_YOUR TASK_
Could you find every line in the entries below that holds the word "filename" and copy it?
___ SOURCE RECORDS ___
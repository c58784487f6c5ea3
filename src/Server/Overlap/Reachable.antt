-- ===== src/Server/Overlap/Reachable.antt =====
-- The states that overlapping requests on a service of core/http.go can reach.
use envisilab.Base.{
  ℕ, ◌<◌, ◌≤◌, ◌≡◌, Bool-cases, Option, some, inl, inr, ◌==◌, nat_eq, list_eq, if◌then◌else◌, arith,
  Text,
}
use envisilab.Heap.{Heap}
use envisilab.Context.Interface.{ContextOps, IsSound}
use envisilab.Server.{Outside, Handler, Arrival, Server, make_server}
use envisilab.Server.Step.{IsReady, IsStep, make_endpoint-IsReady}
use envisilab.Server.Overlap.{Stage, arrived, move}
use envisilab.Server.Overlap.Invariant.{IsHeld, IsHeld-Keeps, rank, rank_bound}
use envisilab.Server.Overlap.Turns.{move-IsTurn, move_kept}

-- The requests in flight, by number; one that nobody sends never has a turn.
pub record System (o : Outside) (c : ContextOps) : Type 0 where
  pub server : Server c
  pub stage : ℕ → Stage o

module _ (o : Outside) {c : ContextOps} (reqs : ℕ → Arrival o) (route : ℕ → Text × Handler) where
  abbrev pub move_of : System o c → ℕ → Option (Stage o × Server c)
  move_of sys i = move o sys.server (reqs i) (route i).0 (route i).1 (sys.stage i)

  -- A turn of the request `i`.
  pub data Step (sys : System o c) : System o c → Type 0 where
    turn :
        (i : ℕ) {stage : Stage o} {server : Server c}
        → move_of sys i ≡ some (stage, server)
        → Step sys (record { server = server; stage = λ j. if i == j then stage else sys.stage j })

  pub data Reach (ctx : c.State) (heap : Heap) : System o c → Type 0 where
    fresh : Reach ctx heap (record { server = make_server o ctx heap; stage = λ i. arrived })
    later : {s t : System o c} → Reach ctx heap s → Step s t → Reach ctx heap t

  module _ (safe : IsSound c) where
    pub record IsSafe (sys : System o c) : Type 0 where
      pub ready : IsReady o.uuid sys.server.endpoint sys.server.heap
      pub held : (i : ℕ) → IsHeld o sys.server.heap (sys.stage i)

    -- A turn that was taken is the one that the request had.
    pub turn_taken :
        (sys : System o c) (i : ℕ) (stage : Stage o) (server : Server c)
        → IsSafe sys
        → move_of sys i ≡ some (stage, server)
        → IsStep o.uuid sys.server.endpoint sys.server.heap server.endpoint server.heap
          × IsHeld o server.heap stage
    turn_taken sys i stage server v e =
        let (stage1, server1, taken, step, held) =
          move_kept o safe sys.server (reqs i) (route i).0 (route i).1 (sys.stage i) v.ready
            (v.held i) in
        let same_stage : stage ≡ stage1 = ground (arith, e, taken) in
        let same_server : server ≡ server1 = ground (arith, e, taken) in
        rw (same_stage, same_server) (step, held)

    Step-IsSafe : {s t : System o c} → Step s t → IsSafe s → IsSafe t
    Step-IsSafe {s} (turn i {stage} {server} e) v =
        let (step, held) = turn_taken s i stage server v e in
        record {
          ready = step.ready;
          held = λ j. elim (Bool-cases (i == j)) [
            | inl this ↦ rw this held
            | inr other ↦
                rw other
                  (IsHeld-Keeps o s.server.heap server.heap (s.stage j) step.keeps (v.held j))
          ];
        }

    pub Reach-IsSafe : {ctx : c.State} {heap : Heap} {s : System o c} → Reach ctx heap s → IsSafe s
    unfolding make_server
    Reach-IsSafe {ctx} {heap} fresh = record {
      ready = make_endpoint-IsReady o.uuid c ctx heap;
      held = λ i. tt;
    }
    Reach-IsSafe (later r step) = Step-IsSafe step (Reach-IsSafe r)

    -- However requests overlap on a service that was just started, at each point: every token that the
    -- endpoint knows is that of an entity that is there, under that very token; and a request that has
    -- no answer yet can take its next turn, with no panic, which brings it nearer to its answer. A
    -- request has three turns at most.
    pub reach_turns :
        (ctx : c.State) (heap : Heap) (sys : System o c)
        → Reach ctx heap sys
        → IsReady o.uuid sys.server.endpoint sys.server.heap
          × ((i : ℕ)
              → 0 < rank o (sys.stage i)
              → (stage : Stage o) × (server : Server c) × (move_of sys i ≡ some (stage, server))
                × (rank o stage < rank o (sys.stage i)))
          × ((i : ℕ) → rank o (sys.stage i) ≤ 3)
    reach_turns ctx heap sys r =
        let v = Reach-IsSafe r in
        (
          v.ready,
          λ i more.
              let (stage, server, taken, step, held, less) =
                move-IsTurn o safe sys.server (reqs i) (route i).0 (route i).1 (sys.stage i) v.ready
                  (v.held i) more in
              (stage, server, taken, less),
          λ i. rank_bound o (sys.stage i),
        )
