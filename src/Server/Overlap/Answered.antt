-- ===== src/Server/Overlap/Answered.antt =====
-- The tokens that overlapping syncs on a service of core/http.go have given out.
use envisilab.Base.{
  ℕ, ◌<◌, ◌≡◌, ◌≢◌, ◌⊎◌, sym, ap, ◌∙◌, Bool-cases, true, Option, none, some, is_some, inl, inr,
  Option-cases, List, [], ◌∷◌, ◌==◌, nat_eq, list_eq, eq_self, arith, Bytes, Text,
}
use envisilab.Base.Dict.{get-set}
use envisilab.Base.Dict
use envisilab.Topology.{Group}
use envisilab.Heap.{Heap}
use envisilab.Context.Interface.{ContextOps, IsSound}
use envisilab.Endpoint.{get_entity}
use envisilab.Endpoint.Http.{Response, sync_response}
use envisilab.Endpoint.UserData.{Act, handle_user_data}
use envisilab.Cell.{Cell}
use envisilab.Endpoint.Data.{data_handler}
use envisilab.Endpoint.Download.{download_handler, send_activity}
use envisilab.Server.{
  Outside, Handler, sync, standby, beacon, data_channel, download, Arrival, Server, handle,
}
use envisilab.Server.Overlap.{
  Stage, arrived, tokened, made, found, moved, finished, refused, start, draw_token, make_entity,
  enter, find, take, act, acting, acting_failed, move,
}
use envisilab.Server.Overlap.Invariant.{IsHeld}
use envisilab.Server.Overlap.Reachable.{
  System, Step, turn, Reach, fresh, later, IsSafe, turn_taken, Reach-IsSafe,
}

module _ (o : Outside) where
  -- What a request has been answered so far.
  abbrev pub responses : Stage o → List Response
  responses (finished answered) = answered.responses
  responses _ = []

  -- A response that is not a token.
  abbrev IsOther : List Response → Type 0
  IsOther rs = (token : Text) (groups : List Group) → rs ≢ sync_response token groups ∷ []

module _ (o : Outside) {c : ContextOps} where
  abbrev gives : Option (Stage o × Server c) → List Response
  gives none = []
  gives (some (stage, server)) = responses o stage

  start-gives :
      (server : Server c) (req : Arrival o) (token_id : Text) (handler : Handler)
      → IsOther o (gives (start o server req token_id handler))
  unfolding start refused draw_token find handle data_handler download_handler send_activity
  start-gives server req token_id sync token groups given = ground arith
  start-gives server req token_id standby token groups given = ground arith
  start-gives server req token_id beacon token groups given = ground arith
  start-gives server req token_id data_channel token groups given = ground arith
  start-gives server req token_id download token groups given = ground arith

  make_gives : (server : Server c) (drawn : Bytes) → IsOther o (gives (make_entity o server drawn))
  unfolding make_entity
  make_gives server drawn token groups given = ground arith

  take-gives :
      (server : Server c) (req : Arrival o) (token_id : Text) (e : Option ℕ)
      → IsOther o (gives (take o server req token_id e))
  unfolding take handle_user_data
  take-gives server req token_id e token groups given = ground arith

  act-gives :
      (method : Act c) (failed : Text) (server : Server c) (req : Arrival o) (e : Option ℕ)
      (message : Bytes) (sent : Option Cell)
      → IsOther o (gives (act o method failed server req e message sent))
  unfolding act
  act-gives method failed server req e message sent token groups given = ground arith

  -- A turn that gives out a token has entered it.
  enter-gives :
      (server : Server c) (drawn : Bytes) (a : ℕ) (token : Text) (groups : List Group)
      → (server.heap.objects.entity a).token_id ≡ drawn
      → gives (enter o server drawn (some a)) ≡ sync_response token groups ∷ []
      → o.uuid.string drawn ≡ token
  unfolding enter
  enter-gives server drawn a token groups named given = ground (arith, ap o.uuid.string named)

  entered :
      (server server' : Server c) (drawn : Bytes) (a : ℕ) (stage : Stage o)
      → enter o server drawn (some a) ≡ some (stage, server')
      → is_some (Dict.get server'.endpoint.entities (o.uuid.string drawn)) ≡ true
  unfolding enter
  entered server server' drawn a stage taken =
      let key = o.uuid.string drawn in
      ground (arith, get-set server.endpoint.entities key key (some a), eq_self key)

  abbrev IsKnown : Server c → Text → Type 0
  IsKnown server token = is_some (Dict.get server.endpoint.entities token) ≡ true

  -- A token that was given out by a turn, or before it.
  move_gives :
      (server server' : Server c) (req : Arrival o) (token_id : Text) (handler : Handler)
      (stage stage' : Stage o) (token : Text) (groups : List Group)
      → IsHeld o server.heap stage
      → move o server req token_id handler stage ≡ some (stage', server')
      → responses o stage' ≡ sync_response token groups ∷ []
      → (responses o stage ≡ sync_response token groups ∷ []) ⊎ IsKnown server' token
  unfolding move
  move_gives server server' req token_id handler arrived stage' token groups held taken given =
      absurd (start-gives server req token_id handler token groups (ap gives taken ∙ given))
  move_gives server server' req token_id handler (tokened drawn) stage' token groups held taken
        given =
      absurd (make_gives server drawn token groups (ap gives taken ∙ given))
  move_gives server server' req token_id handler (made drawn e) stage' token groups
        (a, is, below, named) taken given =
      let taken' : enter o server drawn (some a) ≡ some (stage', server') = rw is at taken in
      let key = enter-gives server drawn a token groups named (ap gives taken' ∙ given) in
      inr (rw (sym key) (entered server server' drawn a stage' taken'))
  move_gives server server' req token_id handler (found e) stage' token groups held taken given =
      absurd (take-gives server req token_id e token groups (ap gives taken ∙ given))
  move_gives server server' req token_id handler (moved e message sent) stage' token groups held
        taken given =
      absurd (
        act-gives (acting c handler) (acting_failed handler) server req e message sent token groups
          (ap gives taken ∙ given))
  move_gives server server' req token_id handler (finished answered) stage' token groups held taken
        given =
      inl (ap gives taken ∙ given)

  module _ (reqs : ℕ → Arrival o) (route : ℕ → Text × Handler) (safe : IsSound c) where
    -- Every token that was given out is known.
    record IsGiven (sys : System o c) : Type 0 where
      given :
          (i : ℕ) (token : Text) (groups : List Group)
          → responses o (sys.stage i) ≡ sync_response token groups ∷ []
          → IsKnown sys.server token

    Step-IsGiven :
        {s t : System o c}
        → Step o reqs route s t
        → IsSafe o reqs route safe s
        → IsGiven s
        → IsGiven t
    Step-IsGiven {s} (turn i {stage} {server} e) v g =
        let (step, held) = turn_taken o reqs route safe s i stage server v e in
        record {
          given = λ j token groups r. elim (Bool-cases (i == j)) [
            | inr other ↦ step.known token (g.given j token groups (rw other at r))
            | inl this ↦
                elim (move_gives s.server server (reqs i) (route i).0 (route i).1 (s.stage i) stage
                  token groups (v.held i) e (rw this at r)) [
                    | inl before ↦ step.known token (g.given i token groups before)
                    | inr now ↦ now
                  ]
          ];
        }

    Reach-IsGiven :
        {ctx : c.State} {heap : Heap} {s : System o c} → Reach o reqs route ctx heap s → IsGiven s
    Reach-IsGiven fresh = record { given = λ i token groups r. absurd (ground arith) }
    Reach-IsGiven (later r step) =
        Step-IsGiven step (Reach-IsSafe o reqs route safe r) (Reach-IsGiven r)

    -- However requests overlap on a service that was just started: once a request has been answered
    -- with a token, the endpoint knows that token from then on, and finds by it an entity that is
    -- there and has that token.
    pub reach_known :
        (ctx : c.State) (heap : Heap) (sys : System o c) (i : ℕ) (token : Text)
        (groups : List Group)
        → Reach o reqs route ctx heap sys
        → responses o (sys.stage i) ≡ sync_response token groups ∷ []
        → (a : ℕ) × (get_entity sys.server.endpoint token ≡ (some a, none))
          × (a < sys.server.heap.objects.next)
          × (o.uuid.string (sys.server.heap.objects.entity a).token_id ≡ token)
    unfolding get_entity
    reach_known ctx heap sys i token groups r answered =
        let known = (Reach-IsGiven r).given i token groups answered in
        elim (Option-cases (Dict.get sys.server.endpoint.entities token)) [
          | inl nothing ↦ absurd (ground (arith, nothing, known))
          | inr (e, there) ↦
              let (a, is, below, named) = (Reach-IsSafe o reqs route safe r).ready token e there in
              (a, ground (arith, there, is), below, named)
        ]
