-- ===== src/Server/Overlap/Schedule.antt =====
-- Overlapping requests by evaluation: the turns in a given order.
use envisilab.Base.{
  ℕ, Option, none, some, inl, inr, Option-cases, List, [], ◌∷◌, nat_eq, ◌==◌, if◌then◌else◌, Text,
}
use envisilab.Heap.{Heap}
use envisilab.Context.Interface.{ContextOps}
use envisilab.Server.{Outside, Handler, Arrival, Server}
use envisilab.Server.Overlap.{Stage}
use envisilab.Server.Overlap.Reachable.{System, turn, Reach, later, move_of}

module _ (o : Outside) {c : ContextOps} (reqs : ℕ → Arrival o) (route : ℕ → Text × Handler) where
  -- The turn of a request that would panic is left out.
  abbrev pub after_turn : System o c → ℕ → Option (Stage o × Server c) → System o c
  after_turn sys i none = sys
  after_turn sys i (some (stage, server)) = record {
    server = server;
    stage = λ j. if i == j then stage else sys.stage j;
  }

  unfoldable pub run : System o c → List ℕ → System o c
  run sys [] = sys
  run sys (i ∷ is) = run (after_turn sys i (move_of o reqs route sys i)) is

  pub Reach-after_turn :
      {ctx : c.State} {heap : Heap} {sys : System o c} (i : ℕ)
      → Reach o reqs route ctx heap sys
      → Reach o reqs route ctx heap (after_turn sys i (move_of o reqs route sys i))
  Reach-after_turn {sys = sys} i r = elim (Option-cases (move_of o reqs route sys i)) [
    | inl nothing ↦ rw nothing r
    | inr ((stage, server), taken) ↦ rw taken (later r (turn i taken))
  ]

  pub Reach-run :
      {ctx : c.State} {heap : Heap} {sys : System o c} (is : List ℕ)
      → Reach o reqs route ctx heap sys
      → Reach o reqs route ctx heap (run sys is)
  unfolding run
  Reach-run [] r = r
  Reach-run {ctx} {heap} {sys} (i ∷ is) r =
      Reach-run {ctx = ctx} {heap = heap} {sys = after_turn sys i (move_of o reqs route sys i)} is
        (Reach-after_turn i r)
___
_RESULT_
filename src/Server/Overlap/Reachable.antt
filename src/Server/Overlap/Answered.antt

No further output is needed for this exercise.